Task: For the data below, restate word for word only the lines from the line containing "fee < n + 100)" through the line containing "spend_amount_bounds (suc n) = ((suc", both ends included.

[Data for this task — start]

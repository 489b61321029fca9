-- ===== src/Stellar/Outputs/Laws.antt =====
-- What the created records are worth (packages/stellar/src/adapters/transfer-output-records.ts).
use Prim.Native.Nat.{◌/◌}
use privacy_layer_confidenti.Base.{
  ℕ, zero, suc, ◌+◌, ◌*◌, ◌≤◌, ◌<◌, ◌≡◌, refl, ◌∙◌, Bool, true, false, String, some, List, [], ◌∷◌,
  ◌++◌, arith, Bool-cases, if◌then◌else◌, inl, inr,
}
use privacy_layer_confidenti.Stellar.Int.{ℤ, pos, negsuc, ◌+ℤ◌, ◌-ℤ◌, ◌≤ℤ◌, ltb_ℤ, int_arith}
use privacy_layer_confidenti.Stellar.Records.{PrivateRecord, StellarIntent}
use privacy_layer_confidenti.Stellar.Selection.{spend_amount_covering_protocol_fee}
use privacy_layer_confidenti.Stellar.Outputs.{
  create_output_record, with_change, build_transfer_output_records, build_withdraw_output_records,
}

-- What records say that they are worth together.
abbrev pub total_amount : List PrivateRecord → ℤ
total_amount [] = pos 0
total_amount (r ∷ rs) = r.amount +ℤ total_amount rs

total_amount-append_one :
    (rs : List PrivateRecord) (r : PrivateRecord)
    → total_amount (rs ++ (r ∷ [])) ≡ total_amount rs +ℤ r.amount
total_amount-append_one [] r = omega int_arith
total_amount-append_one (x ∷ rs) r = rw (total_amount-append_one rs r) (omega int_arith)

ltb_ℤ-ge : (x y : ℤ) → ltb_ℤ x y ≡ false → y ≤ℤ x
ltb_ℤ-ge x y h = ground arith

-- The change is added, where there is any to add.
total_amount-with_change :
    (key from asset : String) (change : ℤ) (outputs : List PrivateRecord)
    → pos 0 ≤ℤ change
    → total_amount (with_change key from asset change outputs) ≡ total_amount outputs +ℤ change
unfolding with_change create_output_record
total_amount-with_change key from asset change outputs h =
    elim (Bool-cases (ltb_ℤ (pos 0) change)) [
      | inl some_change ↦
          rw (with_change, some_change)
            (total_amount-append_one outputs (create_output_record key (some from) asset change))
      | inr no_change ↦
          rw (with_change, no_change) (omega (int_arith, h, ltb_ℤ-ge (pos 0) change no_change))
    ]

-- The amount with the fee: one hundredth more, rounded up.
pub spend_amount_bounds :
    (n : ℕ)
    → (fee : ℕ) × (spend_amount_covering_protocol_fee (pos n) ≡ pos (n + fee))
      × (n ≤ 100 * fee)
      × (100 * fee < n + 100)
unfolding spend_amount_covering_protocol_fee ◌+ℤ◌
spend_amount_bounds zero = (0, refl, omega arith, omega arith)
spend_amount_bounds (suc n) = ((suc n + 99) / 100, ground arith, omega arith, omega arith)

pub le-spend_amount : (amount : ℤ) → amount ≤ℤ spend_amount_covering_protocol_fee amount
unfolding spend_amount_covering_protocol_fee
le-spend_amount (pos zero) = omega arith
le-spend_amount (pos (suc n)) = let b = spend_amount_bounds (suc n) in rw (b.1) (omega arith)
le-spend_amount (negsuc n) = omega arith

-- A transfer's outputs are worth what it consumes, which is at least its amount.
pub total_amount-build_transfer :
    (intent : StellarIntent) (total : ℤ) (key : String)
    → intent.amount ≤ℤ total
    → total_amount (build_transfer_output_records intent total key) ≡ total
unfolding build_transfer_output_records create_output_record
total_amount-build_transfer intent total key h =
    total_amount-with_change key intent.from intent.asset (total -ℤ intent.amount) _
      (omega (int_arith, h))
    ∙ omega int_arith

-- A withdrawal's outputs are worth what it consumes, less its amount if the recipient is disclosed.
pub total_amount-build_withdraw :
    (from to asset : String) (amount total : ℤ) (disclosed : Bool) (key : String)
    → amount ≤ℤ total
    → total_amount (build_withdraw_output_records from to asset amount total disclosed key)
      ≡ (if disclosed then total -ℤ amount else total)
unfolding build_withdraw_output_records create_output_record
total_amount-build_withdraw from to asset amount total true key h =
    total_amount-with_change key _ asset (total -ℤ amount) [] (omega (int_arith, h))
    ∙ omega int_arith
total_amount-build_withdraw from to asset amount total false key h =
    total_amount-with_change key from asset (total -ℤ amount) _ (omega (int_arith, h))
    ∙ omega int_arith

[Data for this task — finish]

Task result:
      × (100 * fee < n + 100)
unfolding spend_amount_covering_protocol_fee ◌+ℤ◌
spend_amount_bounds zero = (0, refl, omega arith, omega arith)
spend_amount_bounds (suc n) = ((suc n + 99) / 100, ground arith, omega arith, omega arith)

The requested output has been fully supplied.